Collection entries
____________________

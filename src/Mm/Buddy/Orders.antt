-- ===== src/Mm/Buddy/Orders.antt =====
-- `order_for_count` in kernel/src/mm/phys/buddy.rs gives the least block that holds the pages.
use theory_os.Base.{
  ℕ, zero, suc, ◌+◌, ◌^◌, ◌≤◌, ◌<◌, true, false, ltb, leb, ◌&&◌, Bool-cases, ◌≡◌, ◌⊎◌, inl, inr,
  refl, ap, ◌==◌, arith, max,
}
use theory_os.Mm.Buddy.{power_from, next_power_of_two, raise_order, order_for_count}
use theory_os.Base.Bits.{pow-lt-pow}
use native.Mathlib.Nat.{one-le-pow}

-- The search returns the first power that is large enough.
power_from_lem :
    (n k pages : ℕ)
    → pages ≤ 2 ^ (k + n)
    → ((k ≡ 0) ⊎ ((j : ℕ) × (k ≡ suc j) × (2 ^ j < pages)))
    → (o : ℕ) × (power_from n k pages ≡ 2 ^ o)
      × (o ≤ k + n)
      × (pages ≤ 2 ^ o)
      × ((o ≡ 0) ⊎ ((j : ℕ) × (o ≡ suc j) × (2 ^ j < pages)))
unfolding power_from
power_from_lem zero k pages h low =
    let e : k + 0 ≡ k = omega arith in (k, refl, omega arith, rw⁻¹ e h, low)
power_from_lem (suc n) k pages h low = elim (Bool-cases (leb pages (2 ^ k))) [
  | inl fits ↦ (k, rw fits refl, omega arith, ground arith, low)
  | inr over ↦
      let shift : k + suc n ≡ suc k + n = omega arith in
      let h' : pages ≤ 2 ^ (suc k + n) = rw⁻¹ shift h in
      let (o, value, bound, enough, least) =
        power_from_lem n (suc k) pages h' (inr (k, refl, ground arith)) in
      (o, rw over value, omega arith, enough, least)
]

raise_order_lem : (n k o : ℕ) → k ≤ o → o ≤ k + n → o ≤ 10 → raise_order n k (2 ^ o) ≡ o
unfolding raise_order
raise_order_lem zero k o low high cap = omega arith
raise_order_lem (suc n) k o low high cap = elim (Bool-cases (k == o)) [
  | inl same ↦
      let e : k ≡ o = ground arith in
      let stop : (ltb (2 ^ k) (2 ^ o) && ltb k 10) ≡ false =
        ground (arith, ap (λ (x : ℕ). 2 ^ x) e) in
      rw stop e
  | inr less ↦
      let go : (ltb (2 ^ k) (2 ^ o) && ltb k 10) ≡ true =
        ground (arith, pow-lt-pow k o (ground arith)) in
      rw go (raise_order_lem n (suc k) o (ground arith) (omega arith) cap)
]

lt_of_pow-lt-pow : (j k : ℕ) → 2 ^ j < 2 ^ k → j < k
lt_of_pow-lt-pow j k h = elim (Bool-cases (ltb k j)) [
  | inl more ↦ absurd (omega (arith, pow-lt-pow k j (ground arith)))
  | inr fine ↦ elim (Bool-cases (j == k)) [
    | inl same ↦ let e : j ≡ k = ground arith in absurd (omega (arith, ap (λ (x : ℕ). 2 ^ x) e))
    | inr other ↦ ground arith
  ]
]

-- For at most 1024 pages, `order_for_count` gives an order, at most 10, whose blocks hold the pages,
-- and no smaller order's blocks do.
pub order_for_count_lem :
    (pages : ℕ)
    → pages ≤ 1024
    → (order_for_count pages ≤ 10)
      × (pages ≤ 2 ^ order_for_count pages)
      × ((j : ℕ) → j < order_for_count pages → 2 ^ j < pages)
unfolding order_for_count next_power_of_two
order_for_count_lem pages h =
    let (o, value, bound, enough, least) = power_from_lem 63 0 pages (omega arith) (inl refl) in
    let some_page : max (next_power_of_two pages) 1 ≡ 2 ^ o =
      omega (arith, value, one-le-pow o 2) in
    let cap : o ≤ 10 = elim least [
      | inl none_needed ↦ omega arith
      | inr (j, e, below) ↦ omega (arith, lt_of_pow-lt-pow j 10 (omega arith))
    ] in
    let is : order_for_count pages ≡ o =
      rw some_page (raise_order_lem 10 0 o (omega arith) (omega arith) cap) in
    rw is (
      cap,
      enough,
      λ j lt. elim least [
        | inl e ↦ absurd (omega arith)
        | inr (i, e, below) ↦ elim (Bool-cases (j == i)) [
          | inl same ↦ let e' : j ≡ i = ground arith in rw e' below
          | inr other ↦ omega (arith, pow-lt-pow j i (ground arith))
        ]
      ],
    )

____________________

▶ [Work instructions]:
The lines from the top of the data above down to the line containing "(o ≡ suc j)" are to be copied exactly; no other line should appear.

▶ [Result for this exercise]:
filename src/Mm/Buddy/Orders.antt
-- ===== src/Mm/Buddy/Orders.antt =====
-- `order_for_count` in kernel/src/mm/phys/buddy.rs gives the least block that holds the pages.
use theory_os.Base.{
  ℕ, zero, suc, ◌+◌, ◌^◌, ◌≤◌, ◌<◌, true, false, ltb, leb, ◌&&◌, Bool-cases, ◌≡◌, ◌⊎◌, inl, inr,
  refl, ap, ◌==◌, arith, max,
}
use theory_os.Mm.Buddy.{power_from, next_power_of_two, raise_order, order_for_count}
use theory_os.Base.Bits.{pow-lt-pow}
use native.Mathlib.Nat.{one-le-pow}

-- The search returns the first power that is large enough.
power_from_lem :
    (n k pages : ℕ)
    → pages ≤ 2 ^ (k + n)
    → ((k ≡ 0) ⊎ ((j : ℕ) × (k ≡ suc j) × (2 ^ j < pages)))
    → (o : ℕ) × (power_from n k pages ≡ 2 ^ o)
      × (o ≤ k + n)
      × (pages ≤ 2 ^ o)
      × ((o ≡ 0) ⊎ ((j : ℕ) × (o ≡ suc j) × (2 ^ j < pages)))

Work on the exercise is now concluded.